▶ **PROBLEM**
Restate, word for word, the lines from the opening line of the data through the line containing "close, reject, reopen)", both included, and nothing else.

◇ ◇ ◇ ◇ ◇

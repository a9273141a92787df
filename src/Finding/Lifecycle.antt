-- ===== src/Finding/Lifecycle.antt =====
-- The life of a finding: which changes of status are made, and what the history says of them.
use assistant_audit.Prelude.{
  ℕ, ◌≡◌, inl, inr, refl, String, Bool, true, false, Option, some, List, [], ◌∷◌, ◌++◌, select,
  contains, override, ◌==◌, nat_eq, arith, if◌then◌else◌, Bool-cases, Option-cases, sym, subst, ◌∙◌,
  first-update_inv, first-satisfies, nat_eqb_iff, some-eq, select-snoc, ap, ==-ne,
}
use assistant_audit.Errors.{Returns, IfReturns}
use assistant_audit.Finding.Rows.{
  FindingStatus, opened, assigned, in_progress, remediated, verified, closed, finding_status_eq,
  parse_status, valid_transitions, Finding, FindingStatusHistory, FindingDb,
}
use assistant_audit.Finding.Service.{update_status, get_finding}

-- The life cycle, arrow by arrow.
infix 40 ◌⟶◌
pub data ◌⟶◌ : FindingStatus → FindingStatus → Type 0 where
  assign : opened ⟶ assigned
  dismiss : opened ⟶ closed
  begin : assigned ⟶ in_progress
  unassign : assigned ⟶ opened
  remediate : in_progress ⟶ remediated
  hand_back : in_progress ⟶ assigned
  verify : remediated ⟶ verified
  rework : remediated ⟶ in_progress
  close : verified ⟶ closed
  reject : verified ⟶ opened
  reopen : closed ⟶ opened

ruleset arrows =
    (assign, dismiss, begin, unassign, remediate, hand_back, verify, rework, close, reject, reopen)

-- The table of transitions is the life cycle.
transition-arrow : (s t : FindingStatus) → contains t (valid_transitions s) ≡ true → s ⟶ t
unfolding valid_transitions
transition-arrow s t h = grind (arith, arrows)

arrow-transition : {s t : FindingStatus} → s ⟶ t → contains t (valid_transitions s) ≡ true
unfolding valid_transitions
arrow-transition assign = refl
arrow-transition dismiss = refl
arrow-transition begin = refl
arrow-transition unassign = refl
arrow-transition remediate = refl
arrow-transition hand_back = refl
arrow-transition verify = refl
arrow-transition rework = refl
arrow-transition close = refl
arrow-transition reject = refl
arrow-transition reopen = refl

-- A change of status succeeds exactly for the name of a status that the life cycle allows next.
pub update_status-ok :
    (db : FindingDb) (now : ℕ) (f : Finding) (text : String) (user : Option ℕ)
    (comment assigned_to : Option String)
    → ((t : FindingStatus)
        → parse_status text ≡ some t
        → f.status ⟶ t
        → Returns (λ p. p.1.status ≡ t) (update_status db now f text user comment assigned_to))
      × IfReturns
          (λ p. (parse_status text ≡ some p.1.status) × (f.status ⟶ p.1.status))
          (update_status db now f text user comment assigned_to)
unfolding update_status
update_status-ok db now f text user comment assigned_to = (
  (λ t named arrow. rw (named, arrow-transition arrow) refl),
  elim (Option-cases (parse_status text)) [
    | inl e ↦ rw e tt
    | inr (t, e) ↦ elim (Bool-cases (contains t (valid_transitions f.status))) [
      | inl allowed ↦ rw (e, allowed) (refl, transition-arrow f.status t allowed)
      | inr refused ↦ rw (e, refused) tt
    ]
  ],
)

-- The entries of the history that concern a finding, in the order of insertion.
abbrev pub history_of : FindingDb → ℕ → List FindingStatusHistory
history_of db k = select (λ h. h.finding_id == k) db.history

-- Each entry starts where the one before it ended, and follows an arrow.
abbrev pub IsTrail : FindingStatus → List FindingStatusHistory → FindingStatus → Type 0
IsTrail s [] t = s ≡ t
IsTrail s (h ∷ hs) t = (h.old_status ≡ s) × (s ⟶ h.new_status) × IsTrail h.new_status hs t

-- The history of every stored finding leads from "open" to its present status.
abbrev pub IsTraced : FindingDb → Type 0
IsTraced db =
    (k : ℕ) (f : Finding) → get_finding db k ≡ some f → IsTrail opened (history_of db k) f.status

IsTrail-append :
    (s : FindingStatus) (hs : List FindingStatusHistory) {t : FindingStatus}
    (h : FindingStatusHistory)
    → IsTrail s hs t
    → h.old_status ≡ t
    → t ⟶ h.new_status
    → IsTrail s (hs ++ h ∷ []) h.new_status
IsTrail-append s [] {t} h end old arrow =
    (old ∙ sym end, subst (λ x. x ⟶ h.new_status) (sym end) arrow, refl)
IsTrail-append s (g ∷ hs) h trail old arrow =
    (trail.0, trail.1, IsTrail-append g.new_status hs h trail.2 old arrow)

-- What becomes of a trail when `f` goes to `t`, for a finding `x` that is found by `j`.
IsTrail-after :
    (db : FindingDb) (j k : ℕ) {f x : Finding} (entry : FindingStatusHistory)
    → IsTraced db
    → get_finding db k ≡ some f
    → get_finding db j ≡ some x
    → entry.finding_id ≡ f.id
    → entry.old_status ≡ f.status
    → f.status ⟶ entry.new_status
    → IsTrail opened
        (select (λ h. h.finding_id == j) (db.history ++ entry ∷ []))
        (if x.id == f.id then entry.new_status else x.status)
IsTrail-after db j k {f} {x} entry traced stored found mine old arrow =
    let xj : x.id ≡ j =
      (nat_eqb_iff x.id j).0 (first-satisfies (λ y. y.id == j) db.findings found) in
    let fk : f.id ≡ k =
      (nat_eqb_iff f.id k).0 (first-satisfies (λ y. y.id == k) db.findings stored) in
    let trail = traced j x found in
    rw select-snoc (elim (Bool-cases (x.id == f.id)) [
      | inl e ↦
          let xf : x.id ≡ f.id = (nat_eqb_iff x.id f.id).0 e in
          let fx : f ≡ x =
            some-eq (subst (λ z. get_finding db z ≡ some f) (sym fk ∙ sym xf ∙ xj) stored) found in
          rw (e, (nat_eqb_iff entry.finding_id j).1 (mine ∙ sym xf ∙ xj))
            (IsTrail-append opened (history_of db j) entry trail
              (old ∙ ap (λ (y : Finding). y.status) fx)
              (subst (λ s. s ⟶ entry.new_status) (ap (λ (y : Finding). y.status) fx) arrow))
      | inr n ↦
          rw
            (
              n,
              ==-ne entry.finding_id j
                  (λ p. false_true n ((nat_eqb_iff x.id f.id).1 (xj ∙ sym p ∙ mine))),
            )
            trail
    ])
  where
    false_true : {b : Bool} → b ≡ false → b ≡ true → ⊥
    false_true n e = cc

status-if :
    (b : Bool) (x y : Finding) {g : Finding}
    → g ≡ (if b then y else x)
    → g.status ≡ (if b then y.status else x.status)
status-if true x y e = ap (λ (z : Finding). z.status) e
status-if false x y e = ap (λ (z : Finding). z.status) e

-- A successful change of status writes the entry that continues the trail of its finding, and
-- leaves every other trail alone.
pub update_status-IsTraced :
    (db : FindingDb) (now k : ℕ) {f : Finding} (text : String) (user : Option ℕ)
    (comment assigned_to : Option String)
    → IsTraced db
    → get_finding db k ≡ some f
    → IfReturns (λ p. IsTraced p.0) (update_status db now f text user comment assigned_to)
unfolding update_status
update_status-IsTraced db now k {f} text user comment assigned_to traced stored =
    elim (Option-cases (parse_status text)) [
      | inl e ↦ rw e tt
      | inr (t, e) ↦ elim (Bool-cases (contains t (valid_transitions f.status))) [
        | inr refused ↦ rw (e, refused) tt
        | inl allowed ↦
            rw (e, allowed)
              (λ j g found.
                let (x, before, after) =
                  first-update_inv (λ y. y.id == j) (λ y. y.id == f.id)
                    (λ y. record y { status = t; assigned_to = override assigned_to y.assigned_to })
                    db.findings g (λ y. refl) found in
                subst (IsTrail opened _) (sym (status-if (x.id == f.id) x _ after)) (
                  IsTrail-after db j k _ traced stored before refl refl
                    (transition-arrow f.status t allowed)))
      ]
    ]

◇ ◇ ◇ ◇ ◇

▶ **RESPONSE TO THE EXERCISE**
repository a9273141a92787df
filename src/Finding/Lifecycle.antt
-- ===== src/Finding/Lifecycle.antt =====
-- The life of a finding: which changes of status are made, and what the history says of them.
use assistant_audit.Prelude.{
  ℕ, ◌≡◌, inl, inr, refl, String, Bool, true, false, Option, some, List, [], ◌∷◌, ◌++◌, select,
  contains, override, ◌==◌, nat_eq, arith, if◌then◌else◌, Bool-cases, Option-cases, sym, subst, ◌∙◌,
  first-update_inv, first-satisfies, nat_eqb_iff, some-eq, select-snoc, ap, ==-ne,
}
use assistant_audit.Errors.{Returns, IfReturns}
use assistant_audit.Finding.Rows.{
  FindingStatus, opened, assigned, in_progress, remediated, verified, closed, finding_status_eq,
  parse_status, valid_transitions, Finding, FindingStatusHistory, FindingDb,
}
use assistant_audit.Finding.Service.{update_status, get_finding}

-- The life cycle, arrow by arrow.
infix 40 ◌⟶◌
pub data ◌⟶◌ : FindingStatus → FindingStatus → Type 0 where
  assign : opened ⟶ assigned
  dismiss : opened ⟶ closed
  begin : assigned ⟶ in_progress
  unassign : assigned ⟶ opened
  remediate : in_progress ⟶ remediated
  hand_back : in_progress ⟶ assigned
  verify : remediated ⟶ verified
  rework : remediated ⟶ in_progress
  close : verified ⟶ closed
  reject : verified ⟶ opened
  reopen : closed ⟶ opened

ruleset arrows =
    (assign, dismiss, begin, unassign, remediate, hand_back, verify, rework, close, reject, reopen)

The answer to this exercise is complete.